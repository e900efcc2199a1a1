-- ===== src/Pipelines/Placed.antt =====
-- What `create_stage` leaves behind: the stages of the pipeline in their old order with the new one
-- before the first stage that is not open, numbered from 0.
use mathlib.Core.Path.{subst}
use pulse_crm.Prelude.Table.Laws.{find?-test, select-All_test}
use pulse_crm.Prelude.{
  ℕ, zero, suc, ◌+◌, ◌≤◌, ◌≡◌, refl, ap, ◌∙◌, String, Bool, true, List, [], ◌∷◌, ◌++◌, map, All,
  arith, leb, ==_refl, Bool-cases, inl, inr, length, take, drop, select, delete, ok, http,
  >>=-eq-ok, raise_if-eq-ok, require-eq-ok,
}
use pulse_crm.Access.{Context}
use pulse_crm.Pipelines.{
  is_open, Pipeline, Stage, Board, clean_resource_name, own_pipeline, pipeline_not_found,
  ensure_pipeline, of_pipeline,
}
use pulse_crm.Pipelines.Stages.{
  StageAppendCreate, insert_at, place, renumber, new_stage, insert_stage, stages_of, write_stage,
  create_stage,
}
use pulse_crm.Pipelines.Positions.{by_position-All}

abbrev pub count_up : ℕ → ℕ → List ℕ
count_up n zero = []
count_up n (suc k) = n ∷ count_up (n + 1) k

renumber-positions :
    (n : ℕ) (xs : List Stage)
    → map (λ (x : Stage). x.position) (renumber n xs) ≡ count_up n (length xs)
unfolding renumber
renumber-positions n [] = refl
renumber-positions n (x ∷ xs) = ap (λ r. n ∷ r) (renumber-positions (n + 1) xs)

renumber-ids :
    (n : ℕ) (xs : List Stage)
    → map (λ (x : Stage). x.id) (renumber n xs) ≡ map (λ (x : Stage). x.id) xs
unfolding renumber
renumber-ids n [] = refl
renumber-ids n (x ∷ xs) = ap (λ r. x.id ∷ r) (renumber-ids (n + 1) xs)

length-insert_stage :
    (s : Stage) (k : ℕ) (xs : List Stage) → length (take k xs ++ (s ∷ drop k xs)) ≡ length xs + 1
length-insert_stage s zero xs = omega arith
length-insert_stage s (suc k) [] = omega arith
length-insert_stage s (suc k) (x ∷ xs) = omega (arith, length-insert_stage s k xs)

insert_at-open : (xs : List Stage) → All (λ x. is_open x.stage_type ≡ true) (take (insert_at xs) xs)
unfolding insert_at
insert_at-open [] = tt
insert_at-open (x ∷ xs) = elim (Bool-cases (is_open x.stage_type)) [
  | inl e ↦ rw e (e, insert_at-open xs)
  | inr e ↦ rw e tt
]

module _ (p : Stage → Bool) where
  renumber-select :
      (n : ℕ) (xs ys : List Stage)
      → ((n : ℕ) (x : Stage) → p (place n x) ≡ p x)
      → All (λ x. p x ≡ true) xs
      → select p (renumber n xs ++ ys) ≡ renumber n xs ++ select p ys
  unfolding renumber select
  renumber-select n [] ys keep h = refl
  renumber-select n (x ∷ xs) ys keep (e, h) =
      rw (keep n x, e) (ap (λ r. place n x ∷ r) (renumber-select (n + 1) xs ys keep h))

  select-delete : (xs : List Stage) → select p (delete p xs) ≡ []
  unfolding select delete
  select-delete [] = refl
  select-delete (x ∷ xs) = elim (Bool-cases (p x)) [
    | inl e ↦ rw e (select-delete xs)
    | inr e ↦ rw (e, e) (select-delete xs)
  ]

append_nil : (xs : List Stage) → xs ++ [] ≡ xs
append_nil [] = refl
append_nil (x ∷ xs) = ap (λ r. x ∷ r) (append_nil xs)

module _ {κ} (P : Stage → Type κ) where
  insert-All :
      (s : Stage) (k : ℕ) (xs : List Stage) → P s → All P xs → All P (take k xs ++ (s ∷ drop k xs))
  insert-All s zero xs h hs = (h, hs)
  insert-All s (suc k) [] h hs = (h, tt)
  insert-All s (suc k) (x ∷ xs) h (g, hs) = (g, insert-All s k xs h hs)

-- What a successful creation checked, and that it then wrote.
pub record Created (id : ℕ) (c : Context) (pipeline_id : ℕ) (payload : StageAppendCreate)
    (b : Board) (r : Stage × Board) : Type 0 where
  pub pipeline : Pipeline
  pub name : String
  pub key : pipeline.id ≡ pipeline_id
  pub few : length (stages_of c pipeline_id b) + 1 ≤ 50
  pub written : write_stage id c pipeline payload name b ≡ r

pub create_stage-eq-ok :
    (id : ℕ) (c : Context) (pipeline_id : ℕ) (payload : StageAppendCreate) (b : Board)
    (r : Stage × Board)
    → create_stage id c pipeline_id payload b ≡ ok r
    → Created id c pipeline_id payload b r
unfolding create_stage ensure_pipeline
create_stage-eq-ok id c pipeline_id payload b r h =
    let (name, cleaned, h1) =
      >>=-eq-ok (clean_resource_name payload.name "stage name cannot be blank") _ h in
    let (p, found, h2) = >>=-eq-ok (ensure_pipeline b c.workspace_id pipeline_id) _ h1 in
    let (few, h3) =
      raise_if-eq-ok (leb 50 (length (stages_of c p.id b))) (http 409 "pipeline_stage_limit") _
        h2 in
    let hit =
      find?-test (own_pipeline c.workspace_id pipeline_id) b.pipelines
        (require-eq-ok _ pipeline_not_found found) in
    let key : p.id ≡ pipeline_id = ground (arith, hit) in
    record {
      pipeline = p;
      name = name;
      key = key;
      few = let little = rw key at few in ground (arith, little);
      written = ground (arith, h3);
    }

module _ (id : ℕ) (c : Context) (payload : StageAppendCreate) (name : String) (b : Board)
    (p : Pipeline) where
  abbrev mine : Stage → Bool
  mine = of_pipeline c.workspace_id p.id

  new_stage-mine : (n : ℕ) → mine (new_stage id c p payload name n) ≡ true
  new_stage-mine n = rw (==_refl c.workspace_id, ==_refl p.id) refl

  write_stage-select :
      let r = write_stage id c p payload name b in
      select mine r.1.stages ≡ renumber 0 (insert_stage r.0 (stages_of c p.id b))
  unfolding write_stage
  write_stage-select =
      let old = stages_of c p.id b in
      let stage = new_stage id c p payload name (insert_at old) in
      let all =
        by_position-All (λ x. mine x ≡ true) (select mine b.stages)
          (select-All_test mine b.stages) in
      let ins =
        insert-All (λ x. mine x ≡ true) stage (insert_at old) old (new_stage-mine (insert_at old))
          all in
      rw
        (
          renumber-select mine 0 (insert_stage stage old) (delete mine b.stages) (λ n x. refl) ins,
          select-delete mine b.stages,
        )
        (append_nil (renumber 0 (insert_stage stage old)))

-- The new stage is open and stands at its position in the old list of the pipeline's stages, whose
-- order is kept, after open stages only; the positions are 0, 1, 2, … and at most 50 stages.
abbrev pub IsPlaced : Context → ℕ → Board → Stage × Board → Type 0
IsPlaced c pipeline_id b (stage, b') =
    let old = stages_of c pipeline_id b in
    let new = select (of_pipeline c.workspace_id pipeline_id) b'.stages in
    (map (λ (x : Stage). x.position) new ≡ count_up 0 (length old + 1))
    × (length old + 1 ≤ 50)
    × (map (λ (x : Stage). x.id) new
        ≡ map (λ (x : Stage). x.id) (take stage.position old ++ (stage ∷ drop stage.position old)))
    × All (λ x. is_open x.stage_type ≡ true) (take stage.position old)
    × (is_open stage.stage_type ≡ true)

write_stage-IsPlaced :
    (id : ℕ) (c : Context) (p : Pipeline) (payload : StageAppendCreate) (name : String) (b : Board)
    → length (stages_of c p.id b) + 1 ≤ 50
    → IsPlaced c p.id b (write_stage id c p payload name b)
unfolding write_stage
write_stage-IsPlaced id c p payload name b few =
    let old = stages_of c p.id b in
    let stage = new_stage id c p payload name (insert_at old) in
    let selected = write_stage-select id c payload name b p in
    (
      rw selected (
          renumber-positions 0 (insert_stage stage old)
          ∙ ap (count_up 0) (length-insert_stage stage (insert_at old) old)),
      few,
      rw selected (renumber-ids 0 (insert_stage stage old)),
      insert_at-open old,
      refl,
    )

-- A created stage is open and stands at its position in the list of the pipeline's stages that was
-- there, whose order is kept, after open stages only; the positions are then 0, 1, 2, … and there
-- are at most 50 stages.
pub create_stage-IsPlaced :
    (id : ℕ) (c : Context) (pipeline_id : ℕ) (payload : StageAppendCreate) (b b' : Board)
    (stage : Stage)
    → create_stage id c pipeline_id payload b ≡ ok (stage, b')
    → IsPlaced c pipeline_id b (stage, b')
create_stage-IsPlaced id c pipeline_id payload b b' stage h =
    let made = create_stage-eq-ok id c pipeline_id payload b (stage, b') h in
    let few : length (stages_of c made.pipeline.id b) + 1 ≤ 50 = rw made.key made.few in
    let placed = write_stage-IsPlaced id c made.pipeline payload made.name b few in
    let moved : IsPlaced c pipeline_id b (write_stage id c made.pipeline payload made.name b) =
      rw made.key at placed in
    subst (IsPlaced c pipeline_id b) made.written moved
· · · ·
- **Instructions to follow**
Show the lines above with "ground".

- **Result of this task**
    let key : p.id ≡ pipeline_id = ground (arith, hit) in
      few = let little = rw key at few in ground (arith, little);
      written = ground (arith, h3);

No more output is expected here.